Ia mengatakan, sebagai lembaga pemerintah yang tunduk pada standar statistik internasional, BPS perlu bebas dari kepentingan politik, transparan dan menjaga integritas data.
Dalam rangka merespons kejanggalan data BPS, CELIOS sebagai lembaga penelitian independen mengirimkan surat permintaan investigasi pada Badan Statistik PBB yakni United Nations Statistics Division (UNSD) dan United Nations Statistical Commission.
Bhima menyebut, inisiasi CELIOS ini menjadi upaya untuk menjaga kredibilitas data BPS yang selama ini digunakan untuk berbagai penelitian oleh lembaga akademik, analis perbankan, dunia usaha termasuk UMKM dan masyarakat secara umum.

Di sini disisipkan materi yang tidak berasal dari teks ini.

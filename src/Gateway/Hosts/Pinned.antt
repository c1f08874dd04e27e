-- ===== src/Gateway/Hosts/Pinned.antt =====
-- What a pin leaves in /etc/hosts, and that taking the pins out undoes it.

use bypath.Base.{
  String, string_eq, Bool, true, false, ◌==◌, List, [], ◌∷◌, ◌++◌, Option, none, some, ◌≡◌, refl,
  sym, ap, ◌∙◌, All, contains, contains_text, whole_lines, Bool-cases, Option-cases, ◌≢◌, eq_iff,
  inl, inr, subst,
}
use bypath.Gateway.Hosts.{
  Net, Ip, newline, marker, is_intercepted, answer_of, pin_line, pin_host_to_etc_hosts,
  unpin_hosts_from_etc_hosts, first_address, or_public,
}
use bypath.Gateway.Hosts.Lines.{
  IsLine, unmarked, unpinned_of, pinned-lines, unpinned-lines, unpinned-pinned,
}

-- A name server that gives no address to take.
pub data Rejected (net : Net) (hostname ns : String) : Type 0 where
  failed : net.lookup_host ns hostname ≡ none → Rejected net hostname ns
  no_answer : net.lookup_host ns hostname ≡ some [] → Rejected net hostname ns
  intercepted :
      (ip : String) (more : List String)
      → net.lookup_host ns hostname ≡ some (ip ∷ more)
      → is_intercepted net ip ≡ true
      → Rejected net hostname ns

-- The address that the name servers of a list give for a host: that of the first server that is not
-- rejected, or none.
pub data Found (net : Net) (hostname : String) : List String → String → Type 0 where
  exhausted : Found net hostname [] ""
  passed :
      {ns : String} {servers : List String} {ip : String}
      → Rejected net hostname ns
      → Found net hostname servers ip
      → Found net hostname (ns ∷ servers) ip
  found :
      {ns : String} {servers : List String}
      → (ip : String) (more : List String) → net.lookup_host ns hostname ≡ some (ip ∷ more)
      → is_intercepted net ip ≡ false
      → Found net hostname (ns ∷ servers) ip

-- Why a host is not pinned: it is an address, no name server gives an address for it, or the file
-- cannot be written.
pub data Unpinnable (net : Net) (servers : List String) (writes : Bool) (hostname : String)
    : Type 0 where
  is_address : (ip : Ip) → net.parse_ip hostname ≡ some ip → Unpinnable net servers writes hostname
  no_address : Found net hostname servers "" → Unpinnable net servers writes hostname
  unwritable : writes ≡ false → Unpinnable net servers writes hostname

-- What `pinHostToEtcHosts` leaves of a file, and what it returns.
pub data Pins (net : Net) (servers : List String) (writes : Bool) (hostname first : String)
    (rest : List String) : Option String × String → Type 0 where
  kept :
      Unpinnable net servers writes hostname
      → Pins net servers writes hostname first rest (some (whole_lines newline (first ∷ rest)), "")
  pins :
      {ip : String}
      → Found net hostname servers ip
      → ip ≢ ""
      → net.parse_ip hostname ≡ none
      → writes ≡ true
      → Pins net servers writes hostname first rest (
        some (
            whole_lines newline
              ((first ∷ unpinned_of hostname rest) ++ (pin_line ip hostname ∷ []))),
        ip,
      )

module _ (net : Net) (hostname : String) where
  first_address-Found :
      (servers : List String) → Found net hostname servers (first_address net hostname servers)
  unfolding first_address answer_of
  first_address-Found [] = exhausted
  first_address-Found (ns ∷ servers) = elim (Option-cases (net.lookup_host ns hostname)) [
    | inl e ↦ rw e (passed (failed e) (first_address-Found servers))
    | inr ([], e) ↦ rw e (passed (no_answer e) (first_address-Found servers))
    | inr (ip ∷ more, e) ↦ elim (Bool-cases (is_intercepted net ip)) [
      | inl h ↦ rw e (rw h (passed (intercepted ip more e h) (first_address-Found servers)))
      | inr h ↦ rw e (rw h (found ip more e h))
    ]
  ]

  Found-IsLine :
      ((ns : String) (answers : List String)
        → net.lookup_host ns hostname ≡ some answers
        → All IsLine answers)
      → {servers : List String} {ip : String} → Found net hostname servers ip
      → IsLine ip
  unfolding contains
  Found-IsLine plain exhausted = refl
  Found-IsLine plain (passed r f) = Found-IsLine plain f
  Found-IsLine plain (found {ns = ns} ip more e h) = (plain ns (ip ∷ more) e).0

module _ (net : Net) (dns_upstream : List String) (writes : Bool) (hostname first : String)
    (rest : List String) where
  -- For a file of whole lines whose first line is no pin: where the host is an address, no name server
  -- gives an address for it, or the file cannot be written, a pin leaves the file as it is and returns
  -- no address. In every other case it takes the first address of the name servers, in their order,
  -- that is not loopback or private, puts its line behind the others and returns it; and it takes out
  -- the lines of pins that contain the host's name, those of longer names too.
  pub pin_host_to_etc_hosts-Pins :
      All IsLine (first ∷ rest)
      → contains_text first marker ≡ false
      → Pins net (or_public dns_upstream) writes hostname first rest (
          pin_host_to_etc_hosts net dns_upstream writes hostname
            (some (whole_lines newline (first ∷ rest))))
  unfolding pin_host_to_etc_hosts
  pin_host_to_etc_hosts-Pins lines fresh =
      let is = first_address-Found net hostname (or_public dns_upstream) in
      elim (Option-cases (net.parse_ip hostname)) [
        | inr (a, e) ↦ rw (e, pin_host_to_etc_hosts) (kept (is_address a e))
        | inl e ↦ elim (Bool-cases (first_address net hostname (or_public dns_upstream) == "")) [
          | inl h ↦
              rw (e, pin_host_to_etc_hosts)
                (rw (h, pin_host_to_etc_hosts)
                  (kept (
                    no_address (
                      subst (Found net hostname (or_public dns_upstream)) ((eq_iff _ "").0 h) is))))
          | inr h ↦ elim (Bool-cases writes) [
            | inr w ↦
                rw (e, pin_host_to_etc_hosts)
                  (rw (h, pin_host_to_etc_hosts)
                    (rw (w, pin_host_to_etc_hosts) (kept (unwritable refl))))
            | inl w ↦
                rw (e, pin_host_to_etc_hosts)
                  (rw (h, pin_host_to_etc_hosts)
                    (rw (w, pin_host_to_etc_hosts)
                      (rw (pinned-lines _ hostname first rest lines (rw fresh refl))
                        (pins is (λ same. cc (sym h ∙ (eq_iff _ "").1 same)) e refl))))
          ]
        ]
      ]

  -- When the pins are taken out behind a pin, /etc/hosts holds the lines that it had before, less
  -- those of pins, if its first line is none and no name server answers with a newline.
  pub unpin_hosts_from_etc_hosts-pin :
      IsLine hostname
      → ((ns : String) (answers : List String)
          → net.lookup_host ns hostname ≡ some answers
          → All IsLine answers)
      → All IsLine (first ∷ rest)
      → contains_text first marker ≡ false
      → unpin_hosts_from_etc_hosts true
          (pin_host_to_etc_hosts net dns_upstream writes hostname
            (some (whole_lines newline (first ∷ rest)))).0
        ≡ some (whole_lines newline (first ∷ unmarked rest))
  unfolding unpin_hosts_from_etc_hosts
  unpin_hosts_from_etc_hosts-pin host plain lines fresh =
      undone (pin_host_to_etc_hosts-Pins lines fresh)
    where
      undone :
          {r : Option String × String}
          → Pins net (or_public dns_upstream) writes hostname first rest r
          → unpin_hosts_from_etc_hosts true r.0 ≡ some (whole_lines newline (first ∷ unmarked rest))
      undone (kept f) = ap some (unpinned-lines first rest lines fresh)
      undone (pins f n e w) = ap some (
          unpinned-pinned _ hostname first rest (Found-IsLine net hostname plain f) host lines
            fresh)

“Surat yang dikirimkan ke PBB memuat permintaan untuk meninjau ulang data pertumbuhan ekonomi pada Kuartal II-2025 yang sebesar 5,12 persen year-on-year. Kami coba melihat ulang seluruh indikator yang disampaikan BPS, dan menemukan industri manufaktur tumbuh tinggi, padahal PMI Manufaktur tercatat kontraksi pada periode yang sama," kata Bhima Yudhistira dalam keterangannya, Jumat (8/8).
Lebih lanjut, dia membeberkan dari tinjauan CELIOS, porsi manufaktur terhadap PDB juga rendah yakni 18,67 persen dibanding Kuartal I-2025 yang sebesar 19,25 persen, yang artinya deindustrialisasi prematur terus terjadi.
Bahkan, data PHK massal terus meningkat, dan industri padat karya terpukul oleh naiknya berbagai beban biaya.
"Jadi apa dasarnya industri manufaktur bisa tumbuh 5,68 persen (yoy)? Data yang tidak sinkron tentu harus dijawab dengan transparansi," lanjut Bhima.